• What you are asked to do:
Please report how many lines in the following material hold the string "unfolding", giving only the number.

• Study material:
= Beginning of Section =
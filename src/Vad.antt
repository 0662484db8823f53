-- ===== src/Vad.antt =====
-- audio/vad.py: `VAD`, with the model of silero-vad as an argument.
pub mod Flips
use agent_voca.Prelude.{
  ℕ, ◌≢◌, Bool, true, false, not, ◌||◌, Option, none, some, List, [], ◌∷◌, ◌++◌, ltb, if◌then◌else◌,
}

pub record VadSpeechEvent : Type 0 where
  pub is_speech : Bool
  pub timestamp_ms : ℕ

-- The loader of the model; and the number of speech segments that the model finds in a chunk, or its
-- exception.
pub record Silero : Type 0 where
  pub loads : Bool
  pub segments : List ℕ → Option ℕ

-- The fields of `VAD`; the event bus is the events published on it.
pub record Vad : Type 0 where
  pub has_event_bus : Bool
  pub has_model : Bool
  pub last_speech_state : Option Bool
  pub published : List VadSpeechEvent

abbrev pub init : Bool → Vad
init has_event_bus = record {
  has_event_bus = has_event_bus;
  has_model = false;
  last_speech_state = none;
  published = [];
}

-- `start`; `none` is `VADError`.
unfoldable pub start : Silero → Vad → Option Vad
start silero v = if silero.loads then some (record v { has_model = true }) else none

-- `stop`
unfoldable pub stop : Vad → Vad
stop v = record v { has_model = false; last_speech_state = none }

-- `is_speech`: without a model, or when it fails, everything counts as speech.
abbrev pub any_segment : Option ℕ → Bool
any_segment none = true
any_segment (some n) = ltb 0 n

unfoldable pub is_speech : Silero → Vad → List ℕ → Bool
is_speech silero v audio_chunk =
    if v.has_model then any_segment (silero.segments audio_chunk) else true

-- The test of `emit_transition`: the last state is unknown or another one.
abbrev pub flips : Option Bool → Bool → Bool
flips none b = true
flips (some true) b = not b
flips (some false) b = b

-- `emit_transition`
unfoldable pub emit_transition : Bool → ℕ → Vad → Vad
emit_transition speech timestamp_ms v =
    if v.has_event_bus
    then if flips v.last_speech_state speech
      then record v {
        last_speech_state = some speech;
        published = v.published ++ record { is_speech = speech; timestamp_ms = timestamp_ms } ∷ [];
      }
      else v
    else v

-- `process_chunk`
unfoldable pub process_chunk : Silero → List ℕ → ℕ → Vad → Bool × Vad
unfolding is_speech emit_transition
process_chunk silero audio_chunk timestamp_ms v =
    let speech = is_speech silero v audio_chunk in (speech, emit_transition speech timestamp_ms v)

-- The chunks of a capture, with their time stamps, one after the other.
unfoldable pub process_chunks : Silero → List (List ℕ × ℕ) → Vad → List Bool × Vad
unfolding process_chunk
process_chunks silero [] v = ([], v)
process_chunks silero (c ∷ l) v =
    let r = process_chunk silero c.0 c.1 v in
    let rest = process_chunks silero l r.1 in (r.0 ∷ rest.0, rest.1)
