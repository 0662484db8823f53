-- ===== src/Vad/Flips.antt =====
-- The speech events that audio/vad.py publishes alternate.
use mathlib.Core.Path.{subst, ap}
use agent_voca.Prelude.{
  ℕ, ◌≡◌, refl, sym, ◌∙◌, Bool, true, false, Bool-cases, inl, inr, Option, none, some, List, [],
  ◌∷◌, ◌++◌, append-nil, append_assoc, arith,
}
use agent_voca.Vad.{
  VadSpeechEvent, Silero, Vad, emit_transition, process_chunk, process_chunks, is_speech, flips,
}

-- Every event reports another state than the one before it, the first one than the last state known.
abbrev pub IsAlternating : Option Bool → List VadSpeechEvent → Type 0
IsAlternating last [] = Unit
IsAlternating last (e ∷ l) = (flips last e.is_speech ≡ true) × IsAlternating (some e.is_speech) l

-- The state that is known after the events.
abbrev pub last_state : Option Bool → List VadSpeechEvent → Option Bool
last_state last [] = last
last_state last (e ∷ l) = last_state (some e.is_speech) l

-- What is new on the bus: the events alternate, and the last one is the known state.
abbrev pub HasNew : Vad → Vad → List VadSpeechEvent → Type 0
HasNew v w l =
    (w.published ≡ v.published ++ l)
    × IsAlternating v.last_speech_state l
    × (w.last_speech_state ≡ last_state v.last_speech_state l)

IsAlternating-append :
    (last : Option Bool) (l m : List VadSpeechEvent)
    → IsAlternating last l
    → IsAlternating (last_state last l) m
    → IsAlternating last (l ++ m)
IsAlternating-append last [] m a b = b
IsAlternating-append last (e ∷ l) m a b = (a.0, IsAlternating-append (some e.is_speech) l m a.1 b)

last_state-append :
    (last : Option Bool) (l m : List VadSpeechEvent)
    → last_state last (l ++ m) ≡ last_state (last_state last l) m
last_state-append last [] m = refl
last_state-append last (e ∷ l) m = last_state-append (some e.is_speech) l m

HasNew-trans :
    (u v w : Vad) (l m : List VadSpeechEvent) → HasNew u v l → HasNew v w m → HasNew u w (l ++ m)
HasNew-trans u v w l m a b = (
  b.0 ∙ ap (λ p. p ++ m) a.0 ∙ append_assoc u.published l m,
  IsAlternating-append u.last_speech_state l m a.1 (subst (λ s. IsAlternating s m) a.2 b.1),
  b.2 ∙ ap (λ s. last_state s m) a.2 ∙ sym (last_state-append u.last_speech_state l m),
)

HasNew-refl : (v : Vad) → HasNew v v []
HasNew-refl v = (sym (append-nil v.published), tt, refl)

emit_transition-HasNew :
    (speech : Bool) (timestamp_ms : ℕ) (v : Vad)
    → (l : List VadSpeechEvent) × HasNew v (emit_transition speech timestamp_ms v) l
unfolding emit_transition
emit_transition-HasNew speech timestamp_ms v = elim (Bool-cases v.has_event_bus) [
  | inl b ↦ elim (Bool-cases (flips v.last_speech_state speech)) [
    | inl f ↦ rw b (
        rw f
          (record { is_speech = speech; timestamp_ms = timestamp_ms } ∷ [], (refl, (f, tt), refl)))
    | inr f ↦ rw b (rw f ([], HasNew-refl v))
  ]
  | inr b ↦ rw b ([], HasNew-refl v)
]

-- Whatever the model says of the chunks: what they add to the bus is a list of events that alternate
-- between speech and silence, the first one unlike the state known before, and the state known
-- afterwards is that of the last event.
pub process_chunks-HasNew :
    (silero : Silero) (l : List (List ℕ × ℕ)) (v : Vad)
    → (new : List VadSpeechEvent) × HasNew v (process_chunks silero l v).1 new
unfolding process_chunks process_chunk
process_chunks-HasNew silero [] v = ([], HasNew-refl v)
process_chunks-HasNew silero (c ∷ l) v =
    let w = (process_chunk silero c.0 c.1 v).1 in
    let first = emit_transition-HasNew (is_speech silero v c.0) c.1 v in
    let rest = process_chunks-HasNew silero l w in
    (
      first.0 ++ rest.0,
      HasNew-trans v w (process_chunks silero l w).1 first.0 rest.0 first.1 rest.1,
    )

known-state : (b : Bool) (last : Option Bool) → flips last b ≡ false → last ≡ some b
known-state b none e = absurd (ground (arith, e))
known-state true (some true) e = refl
known-state false (some true) e = absurd (ground (arith, e))
known-state true (some false) e = absurd (ground (arith, e))
known-state false (some false) e = refl

-- With an event bus, the state known after a chunk is what the call returns for it.
pub process_chunk-known :
    (silero : Silero) (audio_chunk : List ℕ) (timestamp_ms : ℕ) (v : Vad)
    → v.has_event_bus ≡ true
    → (process_chunk silero audio_chunk timestamp_ms v).1.last_speech_state
      ≡ some (process_chunk silero audio_chunk timestamp_ms v).0
unfolding process_chunk emit_transition
process_chunk-known silero audio_chunk timestamp_ms v b =
    let speech = is_speech silero v audio_chunk in
    elim (Bool-cases (flips v.last_speech_state speech)) [
      | inl f ↦ rw b (rw f refl)
      | inr f ↦ rw b (rw f (known-state speech v.last_speech_state f))
    ]
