-- ===== src/Vision.antt =====
-- vision/: the splicing of screenshots into a dictation.
pub mod Anchors
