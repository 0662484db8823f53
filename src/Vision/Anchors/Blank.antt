-- ===== src/Vision/Anchors/Blank.antt =====
-- The blank lines of a spliced transcript.
use agent_voca.Prelude.{
  ℕ, suc, ◌≤◌, Bool, true, ◌&&◌, List, [], ◌∷◌, ◌≡◌, refl, arith, ltb, ◌==◌, if◌then◌else◌,
  Bool-cases, if-either, inl, inr, length, min, drop,
}
use agent_voca.Text.{Text, Unicode, lstrip, rstrip, strip}
use agent_voca.Vision.Anchors.{
  collapse, splice_nonblank, find_anchors, replace_paired, append_leftover,
}

-- No more than two newlines in a row, behind `n` of them.
unfoldable pub is_spaced : ℕ → Text → Bool
is_spaced n [] = true
is_spaced n (c ∷ s) =
    let more = is_spaced (suc n) s in
    let rest = is_spaced 0 s in if c == 10 then ltb n 2 && more else rest

collapse-is_spaced : (n : ℕ) (s : Text) → n ≤ 2 → is_spaced n (collapse n s) ≡ true
unfolding is_spaced collapse
collapse-is_spaced n [] h = refl
collapse-is_spaced n (c ∷ s) h = elim (Bool-cases (c == 10)) [
  | inl e ↦ elim (Bool-cases (ltb n 2)) [
    | inl f ↦ rw (e, f, f) (collapse-is_spaced (suc n) s (ground (arith, f)))
    | inr f ↦ rw (e, f) (collapse-is_spaced n s h)
  ]
  | inr e ↦ rw (e, e) (collapse-is_spaced 0 s (omega arith))
]

is_spaced-less : (m n : ℕ) (s : Text) → m ≤ n → is_spaced n s ≡ true → is_spaced m s ≡ true
unfolding is_spaced
is_spaced-less m n [] h k = refl
is_spaced-less m n (c ∷ s) h k = ground (arith, h, k, is_spaced-less (suc m) (suc n) s)

module _ (u : Unicode) where
  lstrip-is_spaced : (s : Text) → is_spaced 0 s ≡ true → is_spaced 0 (lstrip u s) ≡ true
  unfolding is_spaced lstrip
  lstrip-is_spaced [] h = refl
  lstrip-is_spaced (c ∷ s) h =
      let rest : is_spaced 0 s ≡ true =
        ground (arith, h, is_spaced-less 0 1 s (omega arith), is_spaced) in
      if-either (λ t. is_spaced 0 t ≡ true) (u.is_space c) (lstrip-is_spaced s rest) h

  rstrip-is_spaced : (n : ℕ) (s : Text) → is_spaced n s ≡ true → is_spaced n (rstrip u s) ≡ true
  unfolding is_spaced rstrip
  rstrip-is_spaced n [] h = refl
  rstrip-is_spaced n (c ∷ s) h = ground (arith, h, rstrip-is_spaced (suc n) s, rstrip-is_spaced 0 s)

  -- Splicing an extraction that is not blank never leaves more than two newlines in a row, whatever the
  -- transcript, the phrases and the extractions hold.
  pub splice-is_spaced :
      (phrases : List Text) (transcript e : Text) (es : List Text)
      → is_spaced 0 (splice_nonblank u phrases transcript (e ∷ es)).0 ≡ true
  unfolding splice_nonblank strip
  splice-is_spaced phrases transcript e es =
      let complete =
        append_leftover u
          (drop (min (length (find_anchors u phrases transcript)) (length (e ∷ es))) (e ∷ es))
          (replace_paired u (find_anchors u phrases transcript) (e ∷ es) transcript) in
      rstrip-is_spaced 0 (lstrip u (collapse 0 complete))
        (lstrip-is_spaced (collapse 0 complete) (collapse-is_spaced 0 complete (omega arith)))
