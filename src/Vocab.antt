-- ===== src/Vocab.antt =====
-- vocab/: the vocabulary dictionary, the snippet expander and the learned corrections.
pub mod Match
pub mod Dictionary
pub mod Snippets
pub mod Adaptive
= End of Section =
• Result of this task:
10